FEDEX RACING EXPRESS FACTS
MARTINSVILLE SPEEDWAY
RACE INFO:
Event: Subway 500
Date/Time: October 21, 2007 / 1:30 p.m. E.T.
Length: .526 miles
Shape: Oval
Banking: 12 degrees
Distance: 500 laps/263 miles
2006 winner: Jimmie Johnson
2006 polesitter: Kurt Busch
EXPRESS NOTES:
Transmission Problems Spoil Charlotte Run: Denny Hamlin and the #11 FedEx Racing team looked poised to leave LMS with a top-five finish after methodically working their way to the front as the laps counted down on Saturday night. With Hamlin running fifth and with only 12 laps left, the transmission on the #11 FedEx Kinko’s failed, dropping Hamlin to the back of the pack and forcing him to finish the race with only fourth gear at his disposal. What should have been a top-five finish ended in a 20th-place finish on the night. Hamlin remains ninth in the Chase standings.
Hamlin at Martinsville: With the exception of being the site of Hamlin’s first Cup career DNF (April ’06), Martinsville has been one of his better tracks. Through four Cup starts at “the paperclip” Hamlin has scored a pole and two top-five finishes. Most recently, Hamlin led 125 laps and was leading the race before a pit road mishap dropped him from first to tenth just before the midway point. He battled back through the field before taking the checkered flag in third. Last fall, Hamlin had a memorable late-race battle with Jimmie Johnson before finishing second. In the spring of 2006, Hamlin started 41st and had worked his way up to ninth before a cut tire forced Hamlin into the turn four wall and ultimately out the race
Martinsville Chassis JGR 154 and JGR 162: The #11 FedEx team will unload Chevy Impala chassis JGR 154 for the fifth time this season. To date, this car has recorded two top-five finishes (Phoenix in April, Richmond in May) and led 269 laps this season. JGR 162, the pole winner at Martinsville in April and winner at Loudon in July, is on the truck in the back up role.
FedEx Express Fact: Denny Hamlin will make his 75th NASCAR NEXTEL Cup start this weekend at Martinsville. Through 74 races Hamlin has recorded three wins, five poles and has finished in the top-ten 39 times (52%).
Q&A with Denny Hamlin:
Martinsville is considered a home track of sorts for you. What is your experience at the track?: “My experience at Martinsville dates back to running Late Models there. Martinsville has a really big Late Model race each fall and I participated in that event from 2000 through 2004. I never won it but I did sit on the pole for that race in 2003 and that was a huge day for me. There were so many good drivers and good cars at Martinsville for those races so to win a pole was really cool. I do consider this a home track of sorts because I grew up in Virginia and spent so much time there. The folks that run the track and the fans have been always been really supportive. It would be great to win for them, and the clock isn’t bad either.”
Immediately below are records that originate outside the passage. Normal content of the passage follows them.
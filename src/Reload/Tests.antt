-- ===== src/Reload/Tests.antt =====
-- The sources of scripts on concrete inputs; a script makes an engine unless it begins with `!`.
use http_nu.Common.{
  ◌≡◌, refl, false, List, [], ◌∷◌, ◌++◌, Option, none, some, Bytes, codes, take, filter_map,
  if◌then◌else◌, ◌==◌,
}
use http_nu.Reload.{changed, unchanged, timeout, stdin_source, watch_loop, send_engine, read_engine}
use http_nu.Reload.Stdin.{terminated, stdin_source_lem}
use http_nu.Reload.Debounce.{watch_loop-burst}

abbrev compiles : Bytes → Option Bytes
compiles [] = none
compiles (c ∷ s) = if c == b'!' then none else some (c ∷ s)

abbrev scripts : List Bytes
scripts = codes "a" ∷ codes "!b" ∷ codes "c" ∷ []

stdin_source_lem_example :
    stdin_source compiles false (terminated scripts (0 ∷ codes "later")) 5
    ≡ take 5 (filter_map compiles scripts)
stdin_source_lem_example =
    stdin_source_lem compiles scripts (0 ∷ codes "later") 5
      ((refl, (refl, tt)), ((refl, (refl, (refl, tt))), ((refl, (refl, tt)), tt))) refl

empty_script_stops :
    stdin_source compiles false (terminated scripts (0 ∷ codes "later")) 5
    ≡ codes "a" ∷ codes "c" ∷ []
unfolding stdin_source
empty_script_stops = refl

watch_loop-burst_example :
    watch_loop compiles false
      ((changed ∷ unchanged ∷ changed ∷ []) ++ timeout (some (codes "a")) ∷ [])
      5
    ≡ send_engine compiles 5
        (read_engine compiles (some (codes "a")))
        (watch_loop compiles false [])
watch_loop-burst_example =
    watch_loop-burst compiles (changed ∷ unchanged ∷ changed ∷ []) false (some (codes "a")) [] 5
      (tt, (tt, (tt, tt)))
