-- ===== src/Request/Decode.antt =====
-- Reading a request back from its record.
use http_nu.Common.{
  ℕ, ◌≡◌, refl, sym, ap, List, [], ◌∷◌, ◌++◌, append-nil, append_assoc, map, Option, none, some,
  Text, codes, ◌>>=◌, pos, text_eq, or_option, or_option_nothing, if◌then◌else◌, Bool-cases, inl,
  inr, arith,
}
use http_nu.Value.{
  Value, string, int, Columns, end, column, push, get, to_columns, as_str, as_record,
}
use http_nu.Request.{
  Request, push_some, map_some, text_or_default, headers_record, query_record, request_to_value,
}

-- What a script can tell of a request: a header without a text reads as the empty one.
pub record Seen (Ip : Type 0) : Type 0 where
  pub proto : Text
  pub method : Text
  pub authority : Option Text
  pub remote_ip : Option Ip
  pub remote_port : Option ℕ
  pub trusted_ip : Option Ip
  pub headers : List (Text × Text)
  pub uri : Text
  pub path : Text
  pub query : List (Text × Text)

abbrev pub seen_header : Text × Option Text → Text × Text
seen_header (k, v) = (k, text_or_default v)

abbrev pub seen : {Ip : Type 0} → Request Ip → Seen Ip
seen r = record {
  proto = r.proto;
  method = r.method;
  authority = r.authority;
  remote_ip = r.remote_ip;
  remote_port = r.remote_port;
  trusted_ip = r.trusted_ip;
  headers = map seen_header r.headers;
  uri = r.uri;
  path = r.path;
  query = r.query;
}

abbrev pub port_of : Value → Option ℕ
port_of (int (pos n)) = some n
port_of _ = none

-- The columns as pairs of texts, if they all are.
unfoldable pub texts_of : List (Text × Value) → Option (List (Text × Text))
texts_of [] = some []
texts_of ((k, v) ∷ cs) = as_str v >>= λ s. texts_of cs >>= λ ts. some ((k, s) ∷ ts)

-- A column that may be missing, and is of its kind when it is there.
abbrev pub optional : {A : Type 0} → (Value → Option A) → Option Value → Option (Option A)
optional f none = some none
optional f (some v) = f v >>= λ a. some (some a)

module _ {Ip : Type 0} (parse : Text → Option Ip) where
  abbrev pub ip_of : Value → Option Ip
  ip_of v = as_str v >>= parse

  abbrev pub text_record : Option Value → Option (List (Text × Text))
  text_record v = v >>= as_record >>= λ cs. texts_of (to_columns cs)

  unfoldable pub read_columns : Columns → Option (Seen Ip)
  unfolding texts_of get
  read_columns cs = get (codes "proto") cs >>= as_str >>= λ proto.
      get (codes "method") cs >>= as_str >>= λ method.
      optional as_str (get (codes "authority") cs) >>= λ authority.
      optional ip_of (get (codes "remote_ip") cs) >>= λ remote_ip.
      optional port_of (get (codes "remote_port") cs) >>= λ remote_port.
      optional ip_of (get (codes "trusted_ip") cs) >>= λ trusted_ip.
      text_record (get (codes "headers") cs) >>= λ headers.
      get (codes "uri") cs >>= as_str >>= λ uri. get (codes "path") cs >>= as_str >>= λ path.
      text_record (get (codes "query") cs) >>= λ query. some (record {
        proto = proto;
        method = method;
        authority = authority;
        remote_ip = remote_ip;
        remote_port = remote_port;
        trusted_ip = trusted_ip;
        headers = headers;
        uri = uri;
        path = path;
        query = query;
      })

  unfoldable pub value_to_request : Value → Option (Seen Ip)
  unfolding read_columns
  value_to_request v = as_record v >>= read_columns

to_columns-push :
    (cs : Columns) (k : Text) (v : Value) → to_columns (push cs k v) ≡ to_columns cs ++ (k, v) ∷ []
unfolding push
to_columns-push end k v = refl
to_columns-push (column j w cs) k v = ap (λ es. (j, w) ∷ es) (to_columns-push cs k v)

abbrev text_column : Text × Text → Text × Value
text_column (k, s) = (k, string s)

to_columns-headers_record :
    (cs : Columns) (hs : List (Text × Option Text))
    → to_columns (headers_record cs hs) ≡ to_columns cs ++ map (λ h. text_column (seen_header h)) hs
unfolding headers_record
to_columns-headers_record cs [] = sym (append-nil (to_columns cs))
to_columns-headers_record cs ((k, v) ∷ hs) =
    rw
      (
        to_columns-headers_record (push cs k (string (text_or_default v))) hs,
        to_columns-push cs k (string (text_or_default v)),
      )
      (append_assoc (to_columns cs) _ _)

to_columns-query_record :
    (cs : Columns) (qs : List (Text × Text))
    → to_columns (query_record cs qs) ≡ to_columns cs ++ map text_column qs
unfolding query_record
to_columns-query_record cs [] = sym (append-nil (to_columns cs))
to_columns-query_record cs ((k, v) ∷ qs) =
    rw (to_columns-query_record (push cs k (string v)) qs, to_columns-push cs k (string v))
      (append_assoc (to_columns cs) _ _)

texts_of-headers :
    (hs : List (Text × Option Text))
    → texts_of (map (λ h. text_column (seen_header h)) hs) ≡ some (map seen_header hs)
unfolding texts_of
texts_of-headers [] = refl
texts_of-headers ((k, v) ∷ hs) = rw (texts_of-headers hs) refl

texts_of-query : (qs : List (Text × Text)) → texts_of (map text_column qs) ≡ some qs
unfolding texts_of
texts_of-query [] = refl
texts_of-query ((k, v) ∷ qs) = rw (texts_of-query qs) refl

get-push :
    (k j : Text) (v : Value) (cs : Columns)
    → get k (push cs j v) ≡ or_option (get k cs) (if text_eq j k then some v else none)
unfolding get push
get-push k j v end = refl
get-push k j v (column i w cs) = elim (Bool-cases (text_eq i k)) [
  | inl e ↦ rw e refl
  | inr e ↦ rw e (get-push k j v cs)
]

get-push_some :
    (k j : Text) (o : Option Value) (cs : Columns)
    → get k (push_some cs j o) ≡ or_option (get k cs) (if text_eq j k then o else none)
get-push_some k j none cs = ground arith
get-push_some k j (some v) cs = get-push k j v cs

optional-map_some :
    {A : Type 0} (f : Value → Option A) (g : A → Value) (o : Option A)
    → ((a : A) → f (g a) ≡ some a)
    → optional f (map_some g o) ≡ some o
optional-map_some f g none h = refl
optional-map_some f g (some a) h = rw (h a) refl

headers_read :
    (hs : List (Text × Option Text))
    → texts_of (to_columns (headers_record end hs)) ≡ some (map seen_header hs)
headers_read hs = rw (to_columns-headers_record end hs) (texts_of-headers hs)

query_read : (qs : List (Text × Text)) → texts_of (to_columns (query_record end qs)) ≡ some qs
query_read qs = rw (to_columns-query_record end qs) (texts_of-query qs)

module _ {Ip : Type 0} (show : Ip → Text) (parse : Text → Option Ip) where
  -- Reading the record by the names of its columns gives back all that it was made from: protocol,
  -- method, authority, addresses, port, headers (one without a text as the empty text), URI, path
  -- and query, and a column that is optional is there exactly when its value was. The one condition
  -- is that an address is read back from its text.
  pub value_to_request-request_to_value :
      (r : Request Ip)
      → ((ip : Ip) → parse (show ip) ≡ some ip)
      → value_to_request parse (request_to_value show r) ≡ some (seen r)
  unfolding value_to_request request_to_value text_eq get
  value_to_request-request_to_value r h = simp (
    get-push,
    get-push_some,
    or_option_nothing,
    optional-map_some as_str string r.authority (λ a. refl),
    optional-map_some (ip_of parse) (λ ip. string (show ip)) r.remote_ip h,
    optional-map_some (ip_of parse) (λ ip. string (show ip)) r.trusted_ip h,
    optional-map_some port_of (λ port. int (pos port)) r.remote_port (λ a. refl),
    headers_read,
    query_read,
  )
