-- ===== src/Response/Meta.antt =====
-- The metadata that a script attaches to its response.
use http_nu.Common.{
  ◌≡◌, refl, sym, ◌∙◌, Bool, true, false, List, [], Text, Option, none, some, if◌then◌else◌, ◌>>=◌,
  lookup, lookup-insert, text_eq, last?, cons_some, filter_map, written, or_option, or_option_assoc,
  codes, as_u16, arith,
}
use http_nu.Value.{Value, Columns, end, column, get, to_columns, as_int, as_record, Metadata}
use http_nu.Response.{
  HeaderValue, Headers, header_value, insert_header, collect_headers, extract_http_response_meta,
  headers_of, meta_of,
}

lookup-insert_header :
    (j k : Text) (h : Option HeaderValue) (m : Headers)
    → lookup k (insert_header j h m) ≡ or_option (if text_eq j k then h else none) (lookup k m)
unfolding insert_header
lookup-insert_header j k none m = ground arith
lookup-insert_header j k (some h) m = ground (arith, lookup-insert j k h m)

or_option-none : (o : Option HeaderValue) → or_option o none ≡ o
or_option-none none = refl
or_option-none (some h) = refl

last-written :
    (b : Bool) (h : Option HeaderValue) (hs : List HeaderValue) (o : Option HeaderValue)
    → or_option (last? hs) (or_option (if b then h else none) o)
      ≡ or_option (last? (cons_some (if b then h else none) hs)) o
last-written true none hs o = refl
last-written true (some h) hs o = sym (or_option_assoc (last? hs) (some h) o)
last-written false h hs o = refl

collect_headers_lem :
    (cs : Columns) (m : Headers) (k : Text)
    → lookup k (collect_headers cs m)
      ≡ or_option (last? (filter_map (written header_value k) (to_columns cs))) (lookup k m)
unfolding collect_headers
collect_headers_lem end m k = refl
collect_headers_lem (column j v cs) m k =
    rw
      (
        collect_headers_lem cs (insert_header j (header_value v) m) k,
        lookup-insert_header j k (header_value v) m,
      )
      (last-written (text_eq j k) (header_value v) _ (lookup k m))

-- What `meta.custom.get("http.response")` finds, if it is a record.
abbrev pub http_response : Option Metadata → Option Columns
http_response none = none
http_response (some meta) = get (codes "http.response") meta.custom >>= as_record

abbrev pub column_in : Text → Option Columns → Option Value
column_in k cs = cs >>= get k

abbrev pub columns_of : Option Columns → List (Text × Value)
columns_of none = []
columns_of (some cs) = to_columns cs

pub headers_of_lem :
    (cs : Option Columns) (k : Text)
    → lookup k (headers_of cs) ≡ last? (filter_map (written header_value k) (columns_of cs))
unfolding headers_of lookup
headers_of_lem none k = refl
headers_of_lem (some cs) k = collect_headers_lem cs [] k ∙ or_option-none _

meta_of_lem :
    (cs : Option Columns) (k : Text)
    → ((meta_of cs).status ≡ (column_in (codes "status") cs >>= as_int >>= λ i. some (as_u16 i)))
      × (lookup k (meta_of cs).headers
          ≡ last? (
              filter_map
                (written header_value k)
                (columns_of (column_in (codes "headers") cs >>= as_record))))
unfolding meta_of lookup
meta_of_lem none k = (refl, refl)
meta_of_lem (some cs) k = (
  status-bind (get (codes "status") cs),
  headers_of_lem (get (codes "headers") cs >>= as_record) k,
)
  where
    status-bind :
        (v : Option Value)
        → (v >>= λ x. as_int x >>= λ i. some (as_u16 i)) ≡ (v >>= as_int >>= λ i. some (as_u16 i))
    status-bind none = refl
    status-bind (some x) = refl

-- The status is the low sixteen bits of the integer column `status`, if there is one. A header is
-- what the last column of its name in the record `headers` gives that is a text or a list, of which
-- the texts are kept; every other column is skipped. Metadata of any other shape gives neither.
pub extract_http_response_meta_lem :
    (meta : Option Metadata) (k : Text)
    → let cs = http_response meta in
      let found = extract_http_response_meta meta in
      (found.status ≡ (column_in (codes "status") cs >>= as_int >>= λ i. some (as_u16 i)))
      × (lookup k found.headers
          ≡ last? (
              filter_map
                (written header_value k)
                (columns_of (column_in (codes "headers") cs >>= as_record))))
unfolding extract_http_response_meta lookup
extract_http_response_meta_lem none k = (refl, refl)
extract_http_response_meta_lem (some meta) k = meta_of_lem (http_response (some meta)) k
Martinsville’s reputation precedes it. What makes it difficult?: “It’s really flat so you can’t rely on banking to help get you through the turns. You have to be able to slow the car down, roll through the center and get back on throttle as soon as possible. It sounds easy but you have do all of that for five hundred laps with 42 other cars around you, all while saving your brakes and trying not to hit anything. That’s what makes Martinsville a challenge. I think this is one of my better tracks because this is the kind of racing I know best from early on in my career and it’s still pretty fresh in my mind.”
You had a really good battle with Jimmie at the end of the race at Martinsville last fall. What do you remember about it?” “I had a shot at Jimmie right at the end of that race but it was a situation where to win I would have had to drive right through him. I made the decision to race him as hard as I could without crossing that line and I could really only get to his door off the turns. At that moment, I wanted to win of course, but I knew if I got in the back of him and moved him enough to get by, he would have returned the favor on the next corner. If I would have wrecked him, I know he would have repaid that down the road. It’s always hard to feel like you let one get away but in the end it was the right way to go. Hopefully he’ll repay it some day if we’re in the same situation but I am out front.”
You’re running in the truck series on Saturday, the only time you do that each year: “Yeah, this is the second year in a row I have done this race in the Truck Series and it’s something I look forward to. Racing in the truck series is a different experience but I really enjoy it, especially at Martinsville. Kyle and I are going to be teammates in the trucks this weekend – a little practice for next season at JGR.”